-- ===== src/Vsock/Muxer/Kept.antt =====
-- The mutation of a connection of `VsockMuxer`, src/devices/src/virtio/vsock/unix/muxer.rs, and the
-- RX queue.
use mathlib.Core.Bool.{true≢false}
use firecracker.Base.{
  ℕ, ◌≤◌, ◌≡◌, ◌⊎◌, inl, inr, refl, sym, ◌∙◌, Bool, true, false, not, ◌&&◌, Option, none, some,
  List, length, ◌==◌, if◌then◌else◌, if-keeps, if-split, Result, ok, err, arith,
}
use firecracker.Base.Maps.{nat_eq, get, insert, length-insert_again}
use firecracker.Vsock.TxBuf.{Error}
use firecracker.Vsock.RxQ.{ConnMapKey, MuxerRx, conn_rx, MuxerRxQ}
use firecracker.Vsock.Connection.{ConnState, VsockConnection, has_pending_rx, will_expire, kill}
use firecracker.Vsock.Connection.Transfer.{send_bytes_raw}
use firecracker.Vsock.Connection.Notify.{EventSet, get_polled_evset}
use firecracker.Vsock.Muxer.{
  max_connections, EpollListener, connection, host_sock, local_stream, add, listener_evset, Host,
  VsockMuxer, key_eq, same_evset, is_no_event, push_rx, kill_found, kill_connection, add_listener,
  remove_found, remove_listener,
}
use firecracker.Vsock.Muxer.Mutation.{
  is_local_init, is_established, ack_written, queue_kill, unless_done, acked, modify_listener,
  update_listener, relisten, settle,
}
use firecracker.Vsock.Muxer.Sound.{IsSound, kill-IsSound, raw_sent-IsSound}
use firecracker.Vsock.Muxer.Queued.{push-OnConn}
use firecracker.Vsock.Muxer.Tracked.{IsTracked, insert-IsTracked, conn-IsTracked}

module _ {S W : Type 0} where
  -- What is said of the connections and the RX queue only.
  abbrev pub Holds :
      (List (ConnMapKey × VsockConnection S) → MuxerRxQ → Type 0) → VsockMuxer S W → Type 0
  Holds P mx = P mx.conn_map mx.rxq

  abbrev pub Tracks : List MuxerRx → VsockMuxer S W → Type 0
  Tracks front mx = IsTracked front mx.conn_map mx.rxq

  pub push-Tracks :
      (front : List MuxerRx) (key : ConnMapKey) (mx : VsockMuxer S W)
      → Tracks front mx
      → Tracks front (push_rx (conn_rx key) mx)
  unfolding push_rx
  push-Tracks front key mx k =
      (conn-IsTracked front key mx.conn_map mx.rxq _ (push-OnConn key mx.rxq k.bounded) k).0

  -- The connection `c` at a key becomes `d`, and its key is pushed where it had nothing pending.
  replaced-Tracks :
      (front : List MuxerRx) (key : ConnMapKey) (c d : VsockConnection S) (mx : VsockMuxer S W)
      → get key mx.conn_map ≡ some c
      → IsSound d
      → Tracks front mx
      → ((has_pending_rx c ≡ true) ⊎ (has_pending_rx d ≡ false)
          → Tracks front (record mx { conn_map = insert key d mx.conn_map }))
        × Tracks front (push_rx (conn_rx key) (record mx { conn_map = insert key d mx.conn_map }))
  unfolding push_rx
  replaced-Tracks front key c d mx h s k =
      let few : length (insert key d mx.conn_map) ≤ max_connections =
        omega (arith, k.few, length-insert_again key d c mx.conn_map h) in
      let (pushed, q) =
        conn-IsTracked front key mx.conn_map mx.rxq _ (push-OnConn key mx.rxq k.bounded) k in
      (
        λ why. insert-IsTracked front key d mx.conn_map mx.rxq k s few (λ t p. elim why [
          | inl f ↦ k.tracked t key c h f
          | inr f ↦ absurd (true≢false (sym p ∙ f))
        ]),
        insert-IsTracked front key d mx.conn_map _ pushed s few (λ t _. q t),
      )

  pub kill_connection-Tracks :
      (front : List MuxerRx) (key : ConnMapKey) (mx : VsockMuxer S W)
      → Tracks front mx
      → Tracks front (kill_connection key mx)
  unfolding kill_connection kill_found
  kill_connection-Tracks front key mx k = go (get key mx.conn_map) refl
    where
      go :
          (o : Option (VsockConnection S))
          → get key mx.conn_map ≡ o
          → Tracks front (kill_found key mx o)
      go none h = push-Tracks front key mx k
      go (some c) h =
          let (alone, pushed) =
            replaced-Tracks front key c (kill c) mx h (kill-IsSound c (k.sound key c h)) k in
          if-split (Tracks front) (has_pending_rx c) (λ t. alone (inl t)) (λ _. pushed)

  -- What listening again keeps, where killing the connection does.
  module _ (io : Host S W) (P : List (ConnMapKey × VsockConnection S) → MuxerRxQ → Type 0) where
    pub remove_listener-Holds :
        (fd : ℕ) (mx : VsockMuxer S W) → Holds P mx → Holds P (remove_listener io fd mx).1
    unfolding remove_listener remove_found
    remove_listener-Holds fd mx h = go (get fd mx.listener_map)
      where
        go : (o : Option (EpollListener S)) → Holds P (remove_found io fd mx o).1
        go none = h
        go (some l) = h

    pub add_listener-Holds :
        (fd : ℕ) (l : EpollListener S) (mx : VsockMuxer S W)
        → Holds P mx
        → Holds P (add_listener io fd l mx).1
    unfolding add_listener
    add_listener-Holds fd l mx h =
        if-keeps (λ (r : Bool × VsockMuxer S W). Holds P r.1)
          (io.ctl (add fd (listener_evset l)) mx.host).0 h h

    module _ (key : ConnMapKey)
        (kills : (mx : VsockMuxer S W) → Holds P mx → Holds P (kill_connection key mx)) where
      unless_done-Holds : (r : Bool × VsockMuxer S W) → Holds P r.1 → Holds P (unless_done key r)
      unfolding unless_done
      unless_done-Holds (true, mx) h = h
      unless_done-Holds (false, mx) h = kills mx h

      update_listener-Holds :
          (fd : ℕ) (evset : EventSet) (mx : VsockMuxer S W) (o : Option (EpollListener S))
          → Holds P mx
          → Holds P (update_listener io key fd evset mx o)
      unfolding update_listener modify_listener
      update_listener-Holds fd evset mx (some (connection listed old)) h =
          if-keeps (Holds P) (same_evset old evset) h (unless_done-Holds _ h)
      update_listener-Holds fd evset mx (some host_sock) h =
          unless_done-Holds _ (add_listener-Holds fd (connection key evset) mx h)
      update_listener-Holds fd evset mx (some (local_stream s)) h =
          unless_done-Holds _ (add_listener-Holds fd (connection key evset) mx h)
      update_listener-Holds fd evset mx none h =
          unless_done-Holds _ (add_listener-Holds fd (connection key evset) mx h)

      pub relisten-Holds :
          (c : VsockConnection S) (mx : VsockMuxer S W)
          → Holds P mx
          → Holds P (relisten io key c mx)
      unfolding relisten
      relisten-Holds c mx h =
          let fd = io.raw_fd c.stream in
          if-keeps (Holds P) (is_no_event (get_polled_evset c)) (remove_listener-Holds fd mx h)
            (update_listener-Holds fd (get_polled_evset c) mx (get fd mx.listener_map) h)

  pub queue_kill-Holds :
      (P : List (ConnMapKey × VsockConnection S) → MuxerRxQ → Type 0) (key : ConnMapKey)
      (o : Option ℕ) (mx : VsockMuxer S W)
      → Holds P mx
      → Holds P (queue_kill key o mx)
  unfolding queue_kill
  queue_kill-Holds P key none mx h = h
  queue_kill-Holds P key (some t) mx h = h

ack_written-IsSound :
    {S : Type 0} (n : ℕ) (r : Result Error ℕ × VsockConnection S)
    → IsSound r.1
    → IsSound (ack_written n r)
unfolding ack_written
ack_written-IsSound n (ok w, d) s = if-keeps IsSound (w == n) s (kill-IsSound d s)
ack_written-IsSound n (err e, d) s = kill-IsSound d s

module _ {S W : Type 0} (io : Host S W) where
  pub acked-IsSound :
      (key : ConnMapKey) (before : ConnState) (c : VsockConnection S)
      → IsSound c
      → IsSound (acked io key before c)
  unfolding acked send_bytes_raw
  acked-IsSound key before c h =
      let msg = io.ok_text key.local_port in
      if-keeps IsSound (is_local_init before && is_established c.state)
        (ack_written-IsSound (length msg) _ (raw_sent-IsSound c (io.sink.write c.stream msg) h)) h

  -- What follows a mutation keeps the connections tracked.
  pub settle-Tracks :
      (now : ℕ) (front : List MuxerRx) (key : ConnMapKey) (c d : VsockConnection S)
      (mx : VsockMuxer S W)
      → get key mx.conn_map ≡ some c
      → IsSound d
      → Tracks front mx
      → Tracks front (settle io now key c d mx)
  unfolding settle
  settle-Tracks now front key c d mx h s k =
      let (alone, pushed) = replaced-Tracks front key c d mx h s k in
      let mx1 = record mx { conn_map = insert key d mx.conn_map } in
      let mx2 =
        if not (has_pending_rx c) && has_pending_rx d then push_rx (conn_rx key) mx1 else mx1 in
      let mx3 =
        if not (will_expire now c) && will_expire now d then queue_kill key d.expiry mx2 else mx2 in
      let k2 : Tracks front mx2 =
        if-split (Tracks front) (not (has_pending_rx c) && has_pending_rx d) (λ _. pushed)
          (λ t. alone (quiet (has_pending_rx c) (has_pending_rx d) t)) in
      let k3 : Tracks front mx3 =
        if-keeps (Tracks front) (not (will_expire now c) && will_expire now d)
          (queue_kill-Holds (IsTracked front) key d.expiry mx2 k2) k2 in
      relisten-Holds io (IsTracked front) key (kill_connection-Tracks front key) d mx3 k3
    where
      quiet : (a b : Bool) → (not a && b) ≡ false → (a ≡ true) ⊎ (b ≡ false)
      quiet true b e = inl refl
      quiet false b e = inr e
::::::
WORK TASK
Check the entries above for the word "bounded" and copy every line where it turns up.

ANSWER SPACE
      (conn-IsTracked front key mx.conn_map mx.rxq _ (push-OnConn key mx.rxq k.bounded) k).0
        conn-IsTracked front key mx.conn_map mx.rxq _ (push-OnConn key mx.rxq k.bounded) k in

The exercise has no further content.